Many of you have heard me (this is obviously KJ) whine about my revision in process. Well, I’m here to report that it’s done, and successfully. Below is a full description of the process, and in the episode you’ll hear me talking about it with Jennie Nash. I detail everything except the Peeps that fueled me, and I decided it was wrong to leave them out.

So, in addition to a lot of butt-in-chair time and a surprising number of hours spend really just staring the at screen, I should own that I also ate a lot of Halloween peeps and most of a bag of fun-sized $100,000 bars. And I would have eaten the whole bag but someone else beat me too it, and they owe me big.

Here it is in writing, THE LONG VERSION: How to do a substantial novel revision in 30 days

The Overview

I had a long, rambling, completed draft of a book with a solid plot and decent thematic/internal story. The magic system was unclear and the romance undeveloped, and I had too many side-characters and too many scenes that weren’t doing more than one job. Because it’s a seasonal book, I couldn’t take my time with a revision without getting pushed another full year out. So we were shooting for publication in less than a year—and we needed to leave some time, tbh, for me to get this wrong and have to fix it again. Thus: 30 days to a revision that involved nearly a full rewrite, even though the characters, story and in particular the plot excitement of the ending would stay the same.

What the hell did I sell?

At the time, I thought I sold a solid, almost-ready 102K draft.  Looking back, I see I sold an idea (Grown-up Gilmore Girls meets Practical Magic with a stolen set of family Tarot cards with powers and a mission of their own) and a rambling, creaky proof-of-concept draft with a solid plot at its core and characters my editor liked and wanted to spend time with.

What this was: Same basic plot, both inside and out. I’ve done revisions that required altering a major plot point or removing characters. This did not.

Same characters.

Same themes, but narrowed and clarified.

A few thoughts on that—the draft I sold was, in my mind, intentionally “edit-able”. There comes a point in a draft when editing it is hard. When what you have is both very polished and tightly wound, the editor may be able to see what’s wrong, but pulling it out will be more painful for the writer, because you’ve locked down all the story elements to intertwine and all the language, etc.
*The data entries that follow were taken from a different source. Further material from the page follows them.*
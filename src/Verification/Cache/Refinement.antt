-- ===== src/Verification/Cache/Refinement.antt =====
-- The cache of src/titlani/verification/cache.py against what it promises: two finite maps from
-- texts to values with the time of their last verification.
use titlani.Base.{
  ℕ, ◌+◌, ◌*◌, true, not, List, [], ◌∷◌, Option, none, some, if◌then◌else◌, leb, ◌≡◌, refl, ap, ◌∙◌,
  arith, Option-cases, inl, inr, Bool-cases, subst,
}
use titlani.Str.Core.{Text, same, same_iff}
use titlani.Verification.Cache.{
  Row, SenderVerificationCache, select, upsert, delete_where, is_live, select_live, value_of,
  get_fingerprint, add_verified, revoke, cleanup, get_server_spki, get_last_server_spki,
  add_server_spki, clear_server_spki,
}
use titlani.Verification.Cache.Keys.{
  IsKeyed, select-upsert, upsert-IsKeyed, delete_where-IsKeyed, select-delete_where,
  select_live-select,
}

-- A call that writes, with the clock that it reads.
pub data Call : Type 0 where
  adds_verified adds_spki : ℕ → Text → Text → Call
  revokes : Text → Call
  cleans_up : ℕ → Call
  clears_spki : Call

unfoldable pub run : List Call → SenderVerificationCache → SenderVerificationCache
run [] c = c
run (adds_verified now k v ∷ cs) c = run cs (add_verified c now k v)
run (adds_spki now k v ∷ cs) c = run cs (add_server_spki c now k v)
run (revokes k ∷ cs) c = run cs (revoke c k).1
run (cleans_up now ∷ cs) c = run cs (cleanup c now).1
run (clears_spki ∷ cs) c = run cs (clear_server_spki c).1

unfoldable pub empty : ℕ → SenderVerificationCache
empty ttl = record { verified_senders = []; server_spki = []; ttl_seconds = ttl }

-- The promise: maps, and what the calls do to them.
abbrev pub Known : Type 0
Known = Text → Option (Text × ℕ)

abbrev pub stays : ℕ → ℕ → Option (Text × ℕ) → Option (Text × ℕ)
stays ttl now none = none
stays ttl now (some (v, at)) = if leb now (at + ttl * 1000000) then some (v, at) else none

abbrev pub value_in : Option (Text × ℕ) → Option Text
value_in none = none
value_in (some (v, at)) = some v

unfoldable pub promised : ℕ → List Call → Known × Known → Known × Known
promised ttl [] m = m
promised ttl (adds_verified now k v ∷ cs) (senders, servers) =
    promised ttl cs ((λ j. if same k j then some (v, now) else senders j), servers)
promised ttl (adds_spki now k v ∷ cs) (senders, servers) =
    promised ttl cs (senders, (λ j. if same k j then some (v, now) else servers j))
promised ttl (revokes k ∷ cs) (senders, servers) =
    promised ttl cs ((λ j. if same j k then none else senders j), servers)
promised ttl (cleans_up now ∷ cs) (senders, servers) =
    promised ttl cs ((λ j. stays ttl now (senders j)), (λ j. stays ttl now (servers j)))
promised ttl (clears_spki ∷ cs) (senders, servers) = promised ttl cs (senders, (λ j. none))

abbrev stamped : Option Row → Option (Text × ℕ)
stamped none = none
stamped (some r) = some (r.value, r.verified_at)

-- A table that stands for a map.
record StandsFor (rows : List Row) (m : Known) : Type 0 where
  keyed : IsKeyed rows
  same_values : (k : Text) → stamped (select k rows) ≡ m k

upsert-StandsFor :
    (rows : List Row) (m : Known) (k v : Text) (now : ℕ)
    → StandsFor rows m
    → StandsFor
        (upsert (record { key = k; value = v; verified_at = now }) rows)
        (λ j. if same k j then some (v, now) else m j)
upsert-StandsFor rows m k v now s = record {
  keyed = upsert-IsKeyed _ rows s.keyed;
  same_values = λ j.
      let e = select-upsert j (record { key = k; value = v; verified_at = now }) rows in
      ground (arith, s.same_values j);
}

select-key : (k : Text) (rows : List Row) {r : Row} → select k rows ≡ some r → same r.key k ≡ true
unfolding select
select-key k [] h = cc
select-key k (q ∷ rows) {r} h = elim (Bool-cases (same q.key k)) [
  | inl e ↦ ground arith
  | inr e ↦ select-key k rows {r = r} (ground arith)
]

revoke-StandsFor :
    (rows : List Row) (m : Known) (k : Text)
    → StandsFor rows m
    → StandsFor (delete_where (λ r. same r.key k) rows) (λ j. if same j k then none else m j)
revoke-StandsFor rows m k s = record {
  keyed = delete_where-IsKeyed _ rows s.keyed;
  same_values = λ j.
      let d = select-delete_where j (λ r. same r.key k) rows s.keyed in
      elim (Option-cases (select j rows)) [
        | inl e ↦ ground (arith, s.same_values j)
        | inr (r, e) ↦
            let q : same r.key k ≡ same j k =
              ap (λ x. same x k) ((same_iff r.key j).0 (select-key j rows e)) in
            ground (arith, s.same_values j)
      ];
}

purge-StandsFor :
    (rows : List Row) (m : Known) (ttl now : ℕ)
    → StandsFor rows m
    → StandsFor (delete_where (λ r. not (is_live ttl now r)) rows) (λ j. stays ttl now (m j))
unfolding is_live
purge-StandsFor rows m ttl now s = record {
  keyed = delete_where-IsKeyed _ rows s.keyed;
  same_values = λ j.
      let d = select-delete_where j (λ r. not (is_live ttl now r)) rows s.keyed in
      elim (Option-cases (select j rows)) [
        | inl e ↦ ground (arith, s.same_values j)
        | inr (r, e) ↦ ground (arith, s.same_values j)
      ];
}

-- The cache that stands for two maps.
record Refines (c : SenderVerificationCache) (ttl : ℕ) (m : Known × Known) : Type 0 where
  senders : StandsFor c.verified_senders m.0
  servers : StandsFor c.server_spki m.1
  lifetime : c.ttl_seconds ≡ ttl

run-Refines :
    (ttl : ℕ) (cs : List Call) (c : SenderVerificationCache) (m : Known × Known)
    → Refines c ttl m
    → Refines (run cs c) ttl (promised ttl cs m)
unfolding run promised add_verified add_server_spki revoke cleanup clear_server_spki select
run-Refines ttl [] c m h = h
run-Refines ttl (adds_verified now k v ∷ cs) c (senders, servers) h =
    run-Refines ttl cs (add_verified c now k v) _ (record {
      senders = upsert-StandsFor c.verified_senders senders k v now h.senders;
      servers = h.servers;
      lifetime = h.lifetime;
    })
run-Refines ttl (adds_spki now k v ∷ cs) c (senders, servers) h =
    run-Refines ttl cs (add_server_spki c now k v) _ (record {
      senders = h.senders;
      servers = upsert-StandsFor c.server_spki servers k v now h.servers;
      lifetime = h.lifetime;
    })
run-Refines ttl (revokes k ∷ cs) c (senders, servers) h =
    run-Refines ttl cs (revoke c k).1 _ (record {
      senders = revoke-StandsFor c.verified_senders senders k h.senders;
      servers = h.servers;
      lifetime = h.lifetime;
    })
run-Refines ttl (cleans_up now ∷ cs) c (senders, servers) h =
    run-Refines ttl cs (cleanup c now).1 _ (record {
      senders =
          subst (λ t. StandsFor (cleanup c now).1.verified_senders (λ j. stays t now (senders j)))
            h.lifetime (purge-StandsFor c.verified_senders senders c.ttl_seconds now h.senders);
      servers =
          subst (λ t. StandsFor (cleanup c now).1.server_spki (λ j. stays t now (servers j)))
            h.lifetime (purge-StandsFor c.server_spki servers c.ttl_seconds now h.servers);
      lifetime = h.lifetime;
    })
run-Refines ttl (clears_spki ∷ cs) c (senders, servers) h =
    run-Refines ttl cs (clear_server_spki c).1 _ (record {
      senders = h.senders;
      servers = record { keyed = tt; same_values = λ k. refl };
      lifetime = h.lifetime;
    })

empty-Refines : (ttl : ℕ) → Refines (empty ttl) ttl ((λ j. none), (λ j. none))
unfolding empty select
empty-Refines ttl = record {
  senders = record { keyed = tt; same_values = λ k. refl };
  servers = record { keyed = tt; same_values = λ k. refl };
  lifetime = refl;
}

live_value :
    (ttl now : ℕ) (k : Text) (rows : List Row) (m : Known)
    → StandsFor rows m
    → value_of (select_live ttl now k rows) ≡ value_in (stays ttl now (m k))
unfolding value_of is_live
live_value ttl now k rows m s =
    let d = select_live-select ttl now k rows s.keyed in
    elim (Option-cases (select k rows)) [
      | inl e ↦ ground (arith, s.same_values k)
      | inr (r, e) ↦ ground (arith, s.same_values k)
    ]

last_value :
    (k : Text) (rows : List Row) (m : Known)
    → StandsFor rows m
    → value_of (select k rows) ≡ value_in (m k)
unfolding value_of
last_value k rows m s = elim (Option-cases (select k rows)) [
  | inl e ↦ ground (arith, s.same_values k)
  | inr (r, e) ↦ ground (arith, s.same_values k)
]

-- After any calls on an empty cache, the cache answers as two maps would: with the value that was
-- stored last and neither revoked nor cleaned up, while it is live; for a server's last key also
-- when it has expired.
pub cache-refines :
    (ttl now : ℕ) (cs : List Call) (k : Text)
    → let c = run cs (empty ttl) in
      let m = promised ttl cs ((λ j. none), (λ j. none)) in
      (get_fingerprint c now k ≡ value_in (stays ttl now (m.0 k)))
      × (get_server_spki c now k ≡ value_in (stays ttl now (m.1 k)))
      × (get_last_server_spki c k ≡ value_in (m.1 k))
unfolding get_fingerprint get_server_spki get_last_server_spki value_of
cache-refines ttl now cs k =
    let c = run cs (empty ttl) in
    let m = promised ttl cs ((λ j. none), (λ j. none)) in
    let h : Refines c ttl m =
      run-Refines ttl cs (empty ttl) ((λ j. none), (λ j. none)) (empty-Refines ttl) in
    (
      ap (λ t. value_of (select_live t now k c.verified_senders)) h.lifetime
          ∙ live_value ttl now k c.verified_senders m.0 h.senders,
      ap (λ t. value_of (select_live t now k c.server_spki)) h.lifetime
          ∙ live_value ttl now k c.server_spki m.1 h.servers,
      last_value k c.server_spki m.1 h.servers,
    )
This wasn’t that—when I yanked out scenes, they were at least flabby or tangential. I didn’t have to feel too bad about it. And the story wasn’t quite locked in as well. So none of this was unexpected. I know this editor likes to edit and is really good at it.

That said, it WAS a … third or fourth draft or fifth, I can’t remember. I’d done a lot of work on it. When I let go of it I thought it was pretty darn good. When I got it back I was like, OMG I can’t BELIEVE I gave this to anyone, it’s so long and there are scenes that don’t go anywhere and it takes forever to get to the point. And in many ways I had done too much writing work on a story that wasn’t ready to be written (although some of that is necessary for me to find the story).

So a) I thought this was a lot better than it was and b) even after you sell a book, sometimes there is substantial work still to be done and that is fine, it doesn’t mean you’re terrible and the story is crap and the editor is staring at it and thinking, I cannot believe I bought this horrible piece of junk. (Or so I kept telling myself, over and over and over.) And c) apparently what you go out with can be (and will be) far, far from perfect. Even if you think it is.

All that said, some editors don’t edit. I was talking with another writer at a party recently, a NYT best-seller who broke out on her seventh novel, and has written 2 more since, told me that she doesn’t get edited any more. That may be because of her skill and experience (and if so, I am so not there and can go back to feeling terrible about this draft) but I’ve heard the same from newer novelists. And debut novelists, although that situation is a little different, as our debuts are usually the product of a longer period of work and often working with paid editors or readers.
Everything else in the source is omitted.